Redensarten Lexikon
Mädchen
Das macht dem Mädchen (der Liebe) kein Kind: eine Sache ist nicht so schlimm, sie kann keinen großen Schaden anrichten oder nach sich ziehen. Die Redensart spiegelt moralische Vorstellungen der Gesellschaft vergangener Jahrhunderte; denn es galt als schlimm und verwerflich, wenn eine ledige Frau (Mädchen) schwanger wurde; alles, was nicht zu dieser sogenannten Schande beitrug, war somit harmlos und unschädlich.
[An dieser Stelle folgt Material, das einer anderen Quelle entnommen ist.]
-- ===== src/ResetSafety/Coordinator/Scope/Order.antt =====
-- The order of native strings, by which names are sorted.
use Prim.Native.Nat.{Ordering, compare as compare_ℕ}
use Prim.Native.Char.{Char, code}
use Prim.Native.String.compare
use Prim.Native.String.{String, [], ◌∷◌, compare, then}
use native.Mathlib.Omega.{compare-lt, compare-eq, compare-gt}
use text.Mathlib.Text.{is_lt}
use text.Mathlib.TextEquality.{codes_equal}
use xgc2_ugv_controller.Base.{
  ℕ, ◌<◌, ◌≡◌, refl, sym, ap, subst, ◌∙◌, true, false, ◌⊎◌, inl, inr, ltb, arith, Bool-cases,
}

Ordering-cases : (o : Ordering) → (o ≡ Ordering.lt) ⊎ ((o ≡ Ordering.eq) ⊎ (o ≡ Ordering.gt))
Ordering-cases Ordering.lt = inl refl
Ordering-cases Ordering.eq = inr (inl refl)
Ordering-cases Ordering.gt = inr (inr refl)

compare_of_lt : (a b : ℕ) → a < b → compare_ℕ a b ≡ Ordering.lt
compare_of_lt a b h = elim (Ordering-cases (compare_ℕ a b)) [
  | inl e ↦ e
  | inr (inl e) ↦ absurd (omega (arith, h, compare-eq a b e))
  | inr (inr e) ↦ absurd (omega (arith, h, compare-gt a b e))
]

compare_of_eq : (a b : ℕ) → a ≡ b → compare_ℕ a b ≡ Ordering.eq
compare_of_eq a b h = elim (Ordering-cases (compare_ℕ a b)) [
  | inl e ↦ absurd (omega (arith, h, compare-lt a b e))
  | inr (inl e) ↦ e
  | inr (inr e) ↦ absurd (omega (arith, h, compare-gt a b e))
]

lt_cons :
    (c d : Char) (s t : String)
    → is_lt (compare (c ∷ s) (d ∷ t)) ≡ true
    → (code c < code d) ⊎ ((code c ≡ code d) × (is_lt (compare s t) ≡ true))
lt_cons c d s t h =
    let split : is_lt (then (compare_ℕ (code c) (code d)) (compare s t)) ≡ true =
      subst (λ o. is_lt o ≡ true) (compare.cons-cons c d s t) h in
    elim (Ordering-cases (compare_ℕ (code c) (code d))) [
      | inl e ↦ inl (compare-lt _ _ e)
      | inr (inl e) ↦
          inr (compare-eq _ _ e, subst (λ o. is_lt (then o (compare s t)) ≡ true) e split)
      | inr (inr e) ↦ cc (subst (λ o. is_lt (then o (compare s t)) ≡ true) e split)
    ]

cons_lt :
    (c d : Char) (s t : String)
    → (code c < code d) ⊎ ((code c ≡ code d) × (is_lt (compare s t) ≡ true))
    → is_lt (compare (c ∷ s) (d ∷ t)) ≡ true
cons_lt c d s t (inl h) =
    ap is_lt (compare.cons-cons c d s t)
    ∙ ap (λ o. is_lt (then o (compare s t))) (compare_of_lt _ _ h)
cons_lt c d s t (inr (e, h)) =
    ap is_lt (compare.cons-cons c d s t)
    ∙ ap (λ o. is_lt (then o (compare s t))) (compare_of_eq _ _ e)
    ∙ h

tail_not_lt :
    (c d : Char) (s t : String)
    → is_lt (compare (c ∷ s) (d ∷ t)) ≡ false
    → code c ≡ code d
    → is_lt (compare s t) ≡ false
tail_not_lt c d s t h e = elim (Bool-cases (is_lt (compare s t))) [
  | inl lt ↦ cc (h, cons_lt c d s t (inr (e, lt)))
  | inr ge ↦ ge
]

head_not_lt :
    (c d : Char) (s t : String)
    → is_lt (compare (c ∷ s) (d ∷ t)) ≡ false
    → ltb (code c) (code d) ≡ false
head_not_lt c d s t h = elim (Bool-cases (ltb (code c) (code d))) [
  | inl lt ↦ cc (h, cons_lt c d s t (inl (ground (arith, lt))))
  | inr ge ↦ ge
]

-- Two strings of which neither is before the other are equal.
pub is_lt_total : (s t : String) → is_lt (compare s t) ≡ false → is_lt (compare t s) ≡ false → s ≡ t
is_lt_total [] [] h k = refl
is_lt_total [] (d ∷ t) h k = cc (h, ap is_lt (compare.nil-cons d t))
is_lt_total (c ∷ s) [] h k = cc (k, ap is_lt (compare.nil-cons c s))
is_lt_total (c ∷ s) (d ∷ t) h k =
    let same : code c ≡ code d = ground (arith, head_not_lt c d s t h, head_not_lt d c t s k) in
    let rest = is_lt_total s t (tail_not_lt c d s t h same) (tail_not_lt d c t s k (sym same)) in
    λ i. codes_equal c d (compare_of_eq _ _ same) i ∷ rest i

-- What is before a string is before any that is not before it.
pub is_lt_trans :
    (x s t : String)
    → is_lt (compare x s) ≡ true
    → is_lt (compare t s) ≡ false
    → is_lt (compare x t) ≡ true
is_lt_trans [] [] t h k = cc h
is_lt_trans (a ∷ x) [] t h k = cc (h, ap is_lt (compare.cons-nil a x))
is_lt_trans [] (c ∷ s) [] h k = cc k
is_lt_trans [] (c ∷ s) (d ∷ t) h k = ap is_lt (compare.nil-cons d t)
is_lt_trans (a ∷ x) (c ∷ s) [] h k = cc (k, ap is_lt (compare.nil-cons c s))
is_lt_trans (a ∷ x) (c ∷ s) (d ∷ t) h k =
    let up = head_not_lt d c t s k in
    elim (lt_cons a c x s h) [
      | inl less ↦ cons_lt a d x t (inl (ground (arith, less, up)))
      | inr (same, below) ↦ elim (Bool-cases (ltb (code c) (code d))) [
        | inl lt ↦ cons_lt a d x t (inl (ground (arith, lt, same)))
        | inr ge ↦
            let e : code d ≡ code c = ground (arith, ge, up) in
            cons_lt a d x t (inr (same ∙ sym e, is_lt_trans x s t below (tail_not_lt d c t s k e)))
      ]
    ]

-- No two strings are before each other.
pub is_lt_asym : (s t : String) → is_lt (compare s t) ≡ true → is_lt (compare t s) ≡ false
is_lt_asym [] [] h = cc
is_lt_asym [] (d ∷ t) h = ap is_lt (compare.cons-nil d t)
is_lt_asym (c ∷ s) [] h = cc (ap is_lt (compare.cons-nil c s))
is_lt_asym (c ∷ s) (d ∷ t) h = elim (Bool-cases (is_lt (compare (d ∷ t) (c ∷ s)))) [
  | inr after ↦ after
  | inl before ↦ elim (lt_cons c d s t h) [
    | inl less ↦ elim (lt_cons d c t s before) [
      | inl more ↦ absurd (omega (arith, less, more))
      | inr (same, _) ↦ absurd (omega (arith, less, same))
    ]
    | inr (same, below) ↦ elim (lt_cons d c t s before) [
      | inl more ↦ absurd (omega (arith, same, more))
      | inr (_, above) ↦ cc (above, is_lt_asym s t below)
    ]
  ]
]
Ein Mädchen anführen: ihm unter Vorspiegelung des Eheversprechens die Jungfräulichkeit rauben. Das Mädchen hat ein Hufeisen verloren: sie hat ein uneheliches Kind, ⇨ Eisen, ⇨ Hufeisen. Das Mädchen ist zu haben: es ist leicht zu verführen; vgl. französisch ›Cette fille a le bouquet sur l'oreille‹. Ein leichtes Mädchen sein: eine leichtlebige, auch leichtsinnige Frau sein, die aus Abenteuerlust häufig Beziehungen zu verschiedenen Männern sucht und eingeht. Ein Mädchen (eine Frau) mit Vergangenheit sein: einen häufigen Partnerwechsel hinter sich haben.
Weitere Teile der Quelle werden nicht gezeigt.